BTC Stolen from Tails Electrum

Purchased BTC from Circle, then transferred them to a brand new Electrum Wallet I created on Tails>Electrum 1.9.8. When I regenerate the wallet from seed the wallet shows no history at all and will not produce receiving addresses. 0 BTC balance, of course, and take a long time to sych.

I can PM the Electrum address I sent my coins to from Circle. $120, not a huge deal, but don't really enjoy watching it disappear for nothing in return.

What could have done wrong? I generated my Electrum wallet over Tor while on Tails. Is this persistent tails USB infected maybe?


Comments


[3 Points] BurbankJoe:

on the bottom right of electrum, what color is the status, Green or Red?

the electrum bundled with tails is whack so you will need to update it. Do that and use the same seed and see if it works

https://www.reddit.com/r/tails/comments/34ex0d/need_help_updating_electrum_198_on_tails_132/cqtz37w


[1 Points] cryptocreepo:

This seems to be a common problem with some wallet apps.

Usually an app restart and/or upgrade will fix it.

Always try to run the latest version of your wallet software, just like your security/privacy/anonymity software.


[1 Points] TotesMessenger:

I'm a bot, bleep, bloop. Someone has linked to this thread from another place on reddit:

If you follow any of the above links, please respect the rules of reddit and don't vote in the other threads. (Info / Contact)


[1 Points] tehsushichef:

I swept a modest sum into the 2.5.4 Electrum wallet via the in-program private key sweep function, and Electrum did not display any tx history or change of values for any addresses until I restarted the program the next morning. It was a very disconcerting night. Checking the block chain the following day revealed that the transaction had been validated quite quickly. There must be some strange behavior going on in the Electrum interface. In my client, on the addresses tab, the three tree branches that I expand to get a full picture of the wallet collapse back down every time I perform an action. At this time the GUI isn't highly configurable, but I am looking forward to seeing where it goes from here. The wallet seems to work well enough, and having a seed is great. There are/will be more other options available that can generate deterministic wallets. I personally am going to shop around for a bit to test the waters. I only just moved to Electrum from Core, which just wasn't for me.

If you inspect the transaction(s) in the block chain, and they are confirmed, and they were sent to addresses that are not in your wallet or under your control, then the money is effectively lost. I would imagine that if this is the case, given the nature of your setup, it would have been accomplished by some sort of cleverly disguised social engineering.

On the other hand, I have read that it is theoretically possible to install a rootkit in device-side USB controller firmware, or even in UEFI BIOS. MBR infections are documented, but this (MBR) probably couldn't apply to USB devices and certainly not disc-bootable system images (unless some sort of hidden data was included when the image was burned to a CD on an infected host). The cracked USB firmware was accomplished by a team of researchers, and I haven't read anything else about it since the article. I don't know whether physical access to the device would be necessary, but my uninformed guess is that it would be required.

The safest thing to do would be to install to a brand-new USB device on a brand-new, never-networked computer. It could probably be done on an environment installed on an inexpensive microcontroller kit-like device. Of course, then there is the consideration of whether it is possible that there is a hardware back door, or pre-loaded bad firmware with hard-coded master keys or something of that nature. It is a borderline-paranoid arms race that is eventually compounded to the point where single users, or most groups of users, have no control over their own security or privacy... It is interesting to imagine, but will probably raise your blood pressure in the process.

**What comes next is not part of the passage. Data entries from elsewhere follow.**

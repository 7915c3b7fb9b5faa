-- ===== src/Traffic/SelfTraffic/Attribution.antt =====
-- internal/traffic/selftraffic.go: what `Between` attributes to a window.
use i_pulse.Base.{
  ℕ, ◌+◌, ◌-◌, ◌≤◌, ◌<◌, ◌^◌, ◌≡◌, refl, Bool, false, List, [], ◌∷◌, ◌++◌, arith, All, All-append,
  keep_if, Bool-cases, inl, inr, ltb,
}
use i_pulse.Traffic.SelfTraffic.{
  Transfer, SelfTraffic, record_transfer, overlap, any_overlap, active, share, sum_between, between,
  ends_after,
}
use i_pulse.Traffic.SelfTraffic.Overlap.{overlap-Meets}

-- A transfer that does not end before it starts, with counts that a float64 holds exactly.
abbrev pub IsPlain : Transfer → Type 0
IsPlain w = (w.start ≤ w.end) × (w.rx < 2 ^ 53) × (w.tx < 2 ^ 53)

All-keep_if {ℓ κ} :
    {A : Type ℓ} (P : A → Type κ) (p : A → Bool) (xs : List A) → All P xs → All P (keep_if p xs)
All-keep_if P p [] h = h
All-keep_if P p (x ∷ xs) h = ground (arith, All-keep_if P p xs h.1)

pub record_transfer-IsPlain :
    (s : SelfTraffic) (now : ℕ) (w : Transfer)
    → All IsPlain s.windows
    → w.rx < 2 ^ 53
    → w.tx < 2 ^ 53
    → All IsPlain (record_transfer s now w).windows
unfolding record_transfer
record_transfer-IsPlain s now w h r t = elim (Bool-cases (ltb w.end w.start)) [
  | inl bad ↦ rw bad h
  | inr good ↦ ground (
    arith,
    All-keep_if IsPlain (ends_after now s.retained) (s.windows ++ w ∷ [])
        (All-append IsPlain s.windows (w ∷ []) h ((ground arith, r, t), tt)),
  )
]

-- All that was recorded.
pub total : List Transfer → ℕ × ℕ
total [] = (0, 0)
total (w ∷ ws) = let rest = total ws in (w.rx + rest.0, w.tx + rest.1)

-- IEEE 754: below 2 ^ 53 the count is exact, a quotient of a part by its whole is at most 1, and a
-- product with it rounds to at most the count.
module _ (scale : ℕ → ℕ → ℕ → ℕ)
    (scale-le : (bytes part whole : ℕ)
      → bytes < 2 ^ 53
      → part ≤ whole
      → scale bytes part whole ≤ bytes) where
  share-le :
      (from to : ℕ) (w : Transfer) (bytes : ℕ)
      → w.start ≤ w.end
      → bytes < 2 ^ 53
      → share scale from to w bytes ≤ bytes
  unfolding share
  share-le from to w bytes h b = ground (
    arith,
    overlap-Meets from to w h,
    scale-le bytes (overlap from to w.start w.end) (w.end - w.start) b,
  )

  sum_between-le :
      (from to : ℕ) (ws : List Transfer)
      → All IsPlain ws
      → ((sum_between scale from to ws).0 ≤ (total ws).0)
        × ((sum_between scale from to ws).1 ≤ (total ws).1)
  unfolding sum_between total
  sum_between-le from to [] h = omega arith
  sum_between-le from to (w ∷ ws) h = omega (
    arith,
    share-le from to w w.rx h.0.0 h.0.1,
    share-le from to w w.tx h.0.0 h.0.2,
    sum_between-le from to ws h.1,
  )

  sum_between_idle :
      (from to : ℕ) (ws : List Transfer)
      → any_overlap from to ws ≡ false
      → sum_between scale from to ws ≡ (0, 0)
  unfolding sum_between any_overlap share
  sum_between_idle from to [] h = refl
  sum_between_idle from to (w ∷ ws) h = ground (arith, sum_between_idle from to ws)

  -- iPulse never subtracts more than it transferred, and nothing while it was idle: with plain
  -- records, what a window is attributed is at most all that was recorded, in both directions, and
  -- is nothing in a window in which no transfer was active.
  pub between_bounded :
      (s : SelfTraffic) (from to : ℕ)
      → All IsPlain s.windows
      → ((between scale s from to).0 ≤ (total s.windows).0)
        × ((between scale s from to).1 ≤ (total s.windows).1)
        × (active s from to ≡ false → between scale s from to ≡ (0, 0))
  unfolding between active
  between_bounded s from to h =
      ground (arith, sum_between-le from to s.windows h, sum_between_idle from to s.windows)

If someone were to be skilled and resourceful enough to carry out such an attack, I would imagine they would tailor it to infect the maximum number of devices by targeting Windows users, and would presumably dedicate their resources to implementing more advanced obfuscation and better countermeasures into their kit.

Whether such a package could penetrate Tails is a mystery. I can't claim to be close to academically knowledgeable enough to even make an opinion. I would imagine that most motivation to crack Tails and/or Tor would come from the nation state level, and I would question whether they would care to spend the effort to bypass your wallets' passphrase(s) and/or other defenses.

You can search out some interesting reading on methods of connecting entry points and exit nodes in the Tor network by massive statistical analysis.